It sounds very annoying and rather drama filled

I beg to disagree. I think that depends on how many and what servers you're in. I tend to hang around friends which is how I avoid most of that. I also prefer Discord's set-up to that of Instagram. I feel as though VC is a lot less laggy because unlike Insta, that's more so what Discord was made for.

Deleted user

I'm not opposed to having children with my future wife.
I want a daughter for sure, hopefully named Lenore (yes, like from The Raven.)
A son would be cool. But I'm hella picky about boys names.

@Kie group

In the end it's all personal preference, though. Discord is just optimal for me because I don't share many photos :P

@Pickles group

also the whole idea of voice chatting makes my skin crawl. But it's not exactly your decision what accounts I have so I don't see why it matters

@Kie group

Do you ever cry over ruined Avacado's? Because I do.

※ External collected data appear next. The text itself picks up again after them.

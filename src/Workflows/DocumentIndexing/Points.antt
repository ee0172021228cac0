-- ===== src/Workflows/DocumentIndexing/Points.antt =====
-- What an index request that succeeds has written.
use be25_fin_thanos_meetbowl.Prelude.{
  ℕ, suc, ◌+◌, ◌≤◌, ◌<◌, ◌≡◌, refl, sym, ap, ◌∙◌, inl, inr, false, List, [], ◌∷◌, ◌++◌, map, arith,
  nat_beq, nat_beq_iff, Bool-cases, nat_eq, list_eq, option_eq, pair_eq, length, null,
}
use be25_fin_thanos_meetbowl.Text.{Text, codes, decimal}
use be25_fin_thanos_meetbowl.Errors.{
  returned-eq, Raises, returned, raised, ai, at_stage, >>=-eq-returned, other,
}
use be25_fin_thanos_meetbowl.Schemas.{Moment}
use be25_fin_thanos_meetbowl.Schemas.Indexing.{
  is_empty, IndexDocumentCommand, DocumentChunk, DocumentIndexingResult,
}
use be25_fin_thanos_meetbowl.Pipelines.Chunking.Bounds.{AreChunks, split_document-AreChunks}
use be25_fin_thanos_meetbowl.Workflows.DocumentIndexing.{
  Payload, VectorPoint, EmbeddingResult, Ports, chat_source_type, point_id, payload_of, point_of,
  points_of, store_points, index_chunks, index_content, resolve_content, execute,
}

at_stage-eq-returned {ℓ} :
    {A : Type ℓ} (stage : Text) (m : Raises A) {a : A}
    → at_stage stage m ≡ returned a
    → m ≡ returned a
at_stage-eq-returned stage (returned a) h = h
at_stage-eq-returned stage (raised (ai error)) h = cc
at_stage-eq-returned stage (raised (other name)) h = cc

null-length {ℓ} : {A : Type ℓ} (xs : List A) {n : ℕ} → length xs ≡ suc n → null xs ≡ false
null-length [] h = ground arith
null-length (x ∷ xs) h = refl

module _ (ports : Ports) (command : IndexDocumentCommand) where
  open ports use {Vector, embed, replace_document, uuid_text, uuid5}

  -- The payload has the command's type, owner and readers.
  abbrev pub CarriesScope : Payload → Type 0
  CarriesScope payload =
      (payload.source_type ≡ chat_source_type command.document_type)
      × (payload.source_id ≡ uuid_text command.document_id)
      × (payload.owner_user_id ≡ uuid_text command.owner_user_id)
      × (payload.allowed_user_ids ≡ map uuid_text command.access_scope.user_ids)
      × (payload.shared_workspace_ids ≡ map uuid_text command.access_scope.shared_workspace_ids)

  -- Numbered from `index` on, identified by document, number and strategy, and within the limit.
  abbrev pub ArePoints : ℕ → List (VectorPoint Vector) → Type 0
  ArePoints index [] = Unit
  ArePoints index (p ∷ ps) =
      (p.payload.chunk_index ≡ index)
      × (p.point_id
          ≡ uuid5 (
              uuid_text command.document_id
              ++ codes ":"
              ++ decimal index
              ++ codes ":"
              ++ ports.chunk_strategy_version))
      × (length p.payload.content ≤ ports.chunk_size)
      × CarriesScope p.payload
      × ArePoints (index + 1) ps

  abbrev pub embedded_text : VectorPoint Vector → Text
  embedded_text p = command.title ++ (codes "\n\n" ++ p.payload.content)

  points_of-ArePoints :
      (index : ℕ) (chunks : List DocumentChunk) (vectors : List Vector)
      → length vectors ≡ length chunks
      → AreChunks ports.chunk_size command.title index chunks
      → ArePoints index (points_of ports command chunks vectors)
        × (map (λ p. p.vector) (points_of ports command chunks vectors) ≡ vectors)
        × (map embedded_text (points_of ports command chunks vectors)
            ≡ map (λ c. c.embedding_text) chunks)
        × (length (points_of ports command chunks vectors) ≡ length chunks)
  unfolding points_of point_of point_id payload_of
  points_of-ArePoints index [] [] same h = (tt, refl, refl, refl)
  points_of-ArePoints index [] (v ∷ vs) same h = ground arith
  points_of-ArePoints index (c ∷ cs) [] same h = ground arith
  points_of-ArePoints index (c ∷ cs) (v ∷ vs) same (number, bound, text, h) =
      let (points, vectors, texts, count) = points_of-ArePoints (index + 1) cs vs (omega arith) h in
      (
        (number, rw number refl, bound.1, (refl, refl, refl, refl, refl), points),
        rw vectors refl,
        rw (text, texts) refl,
        rw count refl,
      )

  -- The points that the store has accepted in place of the document's.
  pub record IsIndexed (result : DocumentIndexingResult) : Type 0 where
    pub points : List (VectorPoint Vector)
    pub embedded : EmbeddingResult Vector
    pub are_points : ArePoints 0 points
    pub counted : result.chunk_count ≡ length points
    pub filled : null points ≡ false
    pub readable : is_empty command.access_scope ≡ false
    pub embeds : embed (map embedded_text points) ≡ returned embedded
    pub vectors : map (λ p. p.vector) points ≡ embedded.embeddings
    pub written :
        replace_document (record {
          document_id = uuid_text command.document_id;
          vector_size = embedded.dimensions;
          points = points;
        })
        ≡ returned tt

  index_chunks-IsIndexed :
      (now : Moment) (chunks : List DocumentChunk) (result : DocumentIndexingResult)
      → AreChunks ports.chunk_size command.title 0 chunks
      → is_empty command.access_scope ≡ false
      → index_chunks ports now command chunks ≡ returned result
      → IsIndexed result
  unfolding index_chunks store_points
  index_chunks-IsIndexed now [] result are open_ h = cc
  index_chunks-IsIndexed now (chunk ∷ chunks) result are open_ h =
      let (embedded, e, h₁) = >>=-eq-returned (at_stage _ (embed _)) _ h in
      elim (Bool-cases (nat_beq (length embedded.embeddings) (length (chunk ∷ chunks)))) [
        | inr fewer ↦ cc (rw fewer at h₁)
        | inl same ↦
            let (_, w, h₂) = >>=-eq-returned (at_stage _ (replace_document _)) _ (rw same at h₁) in
            let (points, vectors, texts, count) =
              points_of-ArePoints 0 (chunk ∷ chunks) embedded.embeddings ((nat_beq_iff _ _).0 same)
                are in
            record {
              points = points_of ports command (chunk ∷ chunks) embedded.embeddings;
              embedded = embedded;
              are_points = points;
              counted = ap (λ r. r.chunk_count) (sym (returned-eq h₂)) ∙ sym count;
              filled = null-length _ count;
              readable = open_;
              embeds = rw texts (at_stage-eq-returned _ _ e);
              vectors = vectors;
              written = at_stage-eq-returned _ _ w;
            }
      ]

  -- With an overlap below the chunk size: when indexing succeeds, the scope of readers is not empty, and
  -- the store has accepted, in place of the document's old points, at least one point and as many as the
  -- result counts; these are numbered 0, 1, 2, …, each has the identifier made of document, number and
  -- strategy version, a content within the chunk size, the command's type, owner and readers, and the
  -- vector of the title and its own content.
  pub execute-IsIndexed :
      (now : Moment) (result : DocumentIndexingResult)
      → ports.chunk_overlap < ports.chunk_size
      → execute ports now command ≡ returned result
      → IsIndexed result
  unfolding execute index_content
  execute-IsIndexed now result o h =
      let (content, _, h₁) = >>=-eq-returned (resolve_content ports command) _ h in
      elim (Bool-cases (null content)) [
        | inl none_ ↦ cc (rw none_ at h₁)
        | inr some_ ↦ elim (Bool-cases (is_empty command.access_scope)) [
          | inl closed ↦ cc (rw (some_, closed) at h₁)
          | inr open_ ↦
              let (chunks, same, are) = split_document-AreChunks command.title content _ _ o in
              index_chunks-IsIndexed now chunks result are open_ (rw (some_, open_, same) at h₁)
        ]
      ]
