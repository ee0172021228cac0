-- ===== src/Workflows/DocumentIndexing/Found.antt =====
-- Who finds an indexed document: the payload that app/workflows/document_indexing.py writes, under the
-- filters of app/rag/access_filter.py and app/rag/feedback_access_filter.py.
use mathlib.Core.Option
use be25_fin_thanos_meetbowl.Prelude.{
  ◌≡◌, refl, ◌∙◌, inl, inr, Bool, false, not, ◌&&◌, ◌||◌, Option, none, some, List, [], ◌∷◌, map,
  arith, if◌then◌else◌, or-false, Bool-cases, ◌==◌, nat_eq, list_eq, option_eq, pair_eq, contains,
  beq_refl, beq_sound, beq_comm, elements, null, all,
}
use be25_fin_thanos_meetbowl.Text.{Text, codes}
use be25_fin_thanos_meetbowl.Schemas.{Uuid}
use be25_fin_thanos_meetbowl.Schemas.Chat.{ChatCommand}
use be25_fin_thanos_meetbowl.Schemas.Feedback.{MeetingFeedbackCommand}
use be25_fin_thanos_meetbowl.Schemas.Indexing.{IndexDocumentCommand, DocumentChunk}
use be25_fin_thanos_meetbowl.Rag.AccessFilter.{build_chat_access_filter}
use be25_fin_thanos_meetbowl.Rag.AccessFilter.Readable.{Engine, overlaps, can_read, chat_filter_lem}
use be25_fin_thanos_meetbowl.Rag.FeedbackFilter.{
  FeedbackEngine, build_feedback_access_filter, feedback_filter_lem,
}
use be25_fin_thanos_meetbowl.Workflows.DocumentIndexing.{
  Payload, Ports, chat_source_type, payload_of,
}

-- What the payload holds under the keys that the filters name; there is no key `workspaceId`.
unfoldable pub payload_values : (Uuid → Text) → Payload → Text → List Text
payload_values uuid_text payload key =
    if key == codes "sourceType"
    then payload.source_type ∷ []
    else if key == codes "ownerUserId"
    then payload.owner_user_id ∷ []
    else if key == codes "allowedUserIds"
    then payload.allowed_user_ids
    else if key == codes "sharedWorkspaceIds"
    then payload.shared_workspace_ids
    else if key == codes "organizationId"
    then elements payload.organization_id
    else if key == codes "metadata.meetingId"
    then map uuid_text (elements payload.metadata.meeting_id)
    else []

-- Some identifier is in both lists.
abbrev pub shares : List Uuid → List Uuid → Bool
shares [] ys = false
shares (x ∷ xs) ys = contains x ys || shares xs ys

shares-one : (xs : List Uuid) (y : Uuid) → shares xs (y ∷ []) ≡ contains y xs
shares-one [] y = refl
shares-one (x ∷ xs) y = rw (shares-one xs y, beq_comm y x) (ground arith)

elements-map : (f : Uuid → Text) (o : Option Uuid) → elements (Option.map f o) ≡ map f (elements o)
elements-map f none = refl
elements-map f (some a) = refl

minutes_types :
    (t : Text)
    → overlaps (chat_source_type t ∷ []) (codes "MEETING_MINUTES" ∷ codes "MINUTES" ∷ [])
      ≡ contains t (codes "MEETING_MINUTES" ∷ codes "MINUTES" ∷ [])
unfolding chat_source_type
minutes_types t = elim (Bool-cases (t == codes "MEETING_MINUTES")) [
  | inl minutes ↦ rw (beq_sound t _ minutes) refl
  | inr other ↦ rw other (or-false _)
]

module _ (uuid_text : Uuid → Text)
    (injective : (a b : Uuid) → uuid_text a ≡ uuid_text b → a ≡ b) where
  contains-map :
      (x : Uuid) (ys : List Uuid) → contains (uuid_text x) (map uuid_text ys) ≡ contains x ys
  contains-map x [] = refl
  contains-map x (y ∷ ys) = elim (Bool-cases (y == x)) [
    | inl same ↦ rw (beq_sound y x same, beq_refl (uuid_text x), beq_refl x) refl
    | inr other ↦ elim (Bool-cases (uuid_text y == uuid_text x)) [
      | inl equal ↦ cc (rw (injective y x (beq_sound _ _ equal), beq_refl x) at other)
      | inr unequal ↦ rw (other, unequal) (contains-map x ys)
    ]
  ]

  overlaps-map : (xs ys : List Uuid) → overlaps (map uuid_text xs) (map uuid_text ys) ≡ shares xs ys
  overlaps-map [] ys = refl
  overlaps-map (x ∷ xs) ys = rw (contains-map x ys, overlaps-map xs ys) refl

  overlaps-one :
      (xs : List Uuid) (y : Uuid) → overlaps (map uuid_text xs) (uuid_text y ∷ []) ≡ contains y xs
  overlaps-one xs y = overlaps-map xs (y ∷ []) ∙ shares-one xs y

  all-readers :
      (users ps : List Uuid)
      → all (λ user. overlaps (map uuid_text users) (uuid_text user ∷ [])) ps
        ≡ all (λ user. contains user users) ps
  all-readers users [] = refl
  all-readers users (p ∷ ps) = rw (overlaps-one users p, all-readers users ps) refl

module _ (ports : Ports) (injective : (a b : Uuid) → ports.uuid_text a ≡ ports.uuid_text b → a ≡ b)
    (document : IndexDocumentCommand) (chunk : DocumentChunk) where
  open ports use {uuid_text}

  -- Every point of an indexed document, its payload held as it was written, is found by a chat search
  -- exactly if the user owns the document, is among its users, or has one of the workspaces it is shared
  -- with, and its source type is among those asked for, or none were.
  pub found_in_chat_lem :
      (engine : Engine) (p : engine.Point)
      → ((key : Text)
          → engine.values p key ≡ payload_values uuid_text (payload_of ports document chunk) key)
      → (command : ChatCommand) (types : List Text)
      → engine.accepts (build_chat_access_filter uuid_text command types) p ≡ (
          (document.owner_user_id == command.user_id
            || (contains command.user_id document.access_scope.user_ids
                || shares document.access_scope.shared_workspace_ids command.shared_workspace_ids))
          && (null types || contains (chat_source_type document.document_type) types))
  unfolding payload_values payload_of can_read
  found_in_chat_lem engine p held command types =
      rw
        (
          chat_filter_lem engine uuid_text command types p,
          can_read,
          held (codes "ownerUserId"),
          held (codes "allowedUserIds"),
          held (codes "workspaceId"),
          held (codes "sharedWorkspaceIds"),
          held (codes "sourceType"),
          overlaps-one uuid_text injective (document.owner_user_id ∷ []) command.user_id,
          overlaps-one uuid_text injective document.access_scope.user_ids command.user_id,
          overlaps-map uuid_text injective document.access_scope.shared_workspace_ids
              command.shared_workspace_ids,
        )
        (ground arith)

  -- Every point of an indexed document, its payload held as it was written, is found by a search for
  -- meeting feedback exactly if it is minutes of the meeting's organization, every participant is among
  -- its users, and it is not of the meeting itself; its owner counts as a reader only if named.
  pub found_in_feedback_lem :
      (engine : FeedbackEngine) (p : engine.Point)
      → ((key : Text)
          → engine.values p key ≡ payload_values uuid_text (payload_of ports document chunk) key)
      → (command : MeetingFeedbackCommand)
      → engine.accepts
          (build_feedback_access_filter uuid_text command (uuid_text command.meeting_id))
          p
        ≡ (contains command.organization_id (elements document.organization_id)
            && (contains document.document_type (codes "MEETING_MINUTES" ∷ codes "MINUTES" ∷ [])
                && all
                    (λ user. contains user document.access_scope.user_ids)
                    command.participant_user_ids)
            && not (contains command.meeting_id (elements document.metadata.meeting_id)))
  unfolding payload_values payload_of
  found_in_feedback_lem engine p held command =
      rw
        (
          feedback_filter_lem engine uuid_text command (uuid_text command.meeting_id) p,
          held (codes "organizationId"),
          held (codes "sourceType"),
          held (codes "allowedUserIds"),
          held (codes "metadata.meetingId"),
          minutes_types document.document_type,
        )
        (rw
          (
            elements-map uuid_text document.organization_id,
            overlaps-one uuid_text injective (elements document.organization_id)
                command.organization_id,
            all-readers uuid_text injective document.access_scope.user_ids
                command.participant_user_ids,
            overlaps-one uuid_text injective (elements document.metadata.meeting_id)
                command.meeting_id,
          )
          refl)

I don't eat avocado so I don't feel your pain.

@Kie group

Do you ever cry over ruined Avacado's? Because I do.

Oh
It’s an avocado
thaaanks

fr e sh a voca do

@Relsey

Do you ever cry over ruined Avacado's? Because I do.

Oh
It’s an avocado
thaaanks

It would be more funny if I hadn't spent the past hour crying over ruined avocado's

Deleted user

acknowledge my unborn daughter's beautiful name, peasants

@Kie group

Do you ever cry over ruined Avacado's? Because I do.

Oh
It’s an avocado
thaaanks

It would be more funny if I hadn't spent the past hour crying over ruined avocado's

Better that than crying because you don't want to make yourself food.

@Kie group

acknowledge my unborn daughter's beautiful name, peasants

Lenore sounds beautiful. I wish you luck in finding a wife and maybe a name for a potential son.

@Relsey

Ok, well The ruined avocado's was more like a catalyst in this situation (Look I do know something about chemistry)
AP Chem test is coming up and that's stressing me out, I have two assignment's for my Art class due on Friday. In other words the Stress is settling in.
Also my sister who ruined said Avocado's is having a rough time right now. I'm fine with my mother recognizing this, I'm not fine with her reaction to me crying over something so stupid. "Relsey you need to be nice to your sister because she's having a hard time because of X,Y, and Z." Like oh yes mother I just love that your automatic thought is," I must make sure she doesn't make her sister more upset.", Not, "It's weird that Relsey would start crying over this, is she ok?" So the message I;m getting here is because Sister is an adult if she acts weird she's having a hard time, when I'm upset I'm just overreacting… Gee Thanks mom.
Also my bestest Friend in the whole wide world has apparently dropped off of the face of the world because they haven't talked to me for a week now and we usually message back and forth every day so, that's great. I'm naturally doing that stupid thing where I listen to song's that remind me of said individual (He and I traded songs last year or so, He gave me a list of songs to listen to and I've been listening to them) one of those songs is "Eight" By Sleeping At Last, and it get's me every time and I just listened to it and It feels like I want to shove it in his face and say "This, this is what I'm feeling right now." But I can't do that also he hasn't talked to me for like a week so it's fine. See that makes me worry because knowing this individual he get's very quiet and distant when something is going on. I don't know what to think because on the one hand he's just terrible at talking and maintaining contact, he just forget's to respond a lot, on the other hand, he goes quote when somethings up. So now I'm worrying about that and AP tests and My art class.

Deleted user

I sincerely apologize for being an annoying person

@Relsey

I sincerely apologize for being an annoying person

You're not annoying someone if they refuse to be annoyed.

@Pickles group

I sincerely apologize for being an annoying person

Insert visible confusion thingy
?? Did I miss something? Because you aren't annoying

@Kie group

I want to sleep. I want to sleep so bad but it's only 9:19 PM and my parents won't let me even if I beg to go to bed early because I have about 20 missing assignments which I just can't bring myself to get done and I just feel like crying all the time. I'm so close to just collapsing into a couch and crying, then if I don't feel like crying I just feel empty. I just don't want to do this anymore. I want to feel happy for once. I want home to feel like home. I want to feel loved for once instead of beaten down. I want to talk to my friends and hear their voices and see their faces. I want to be able to live without it feeling like a chore.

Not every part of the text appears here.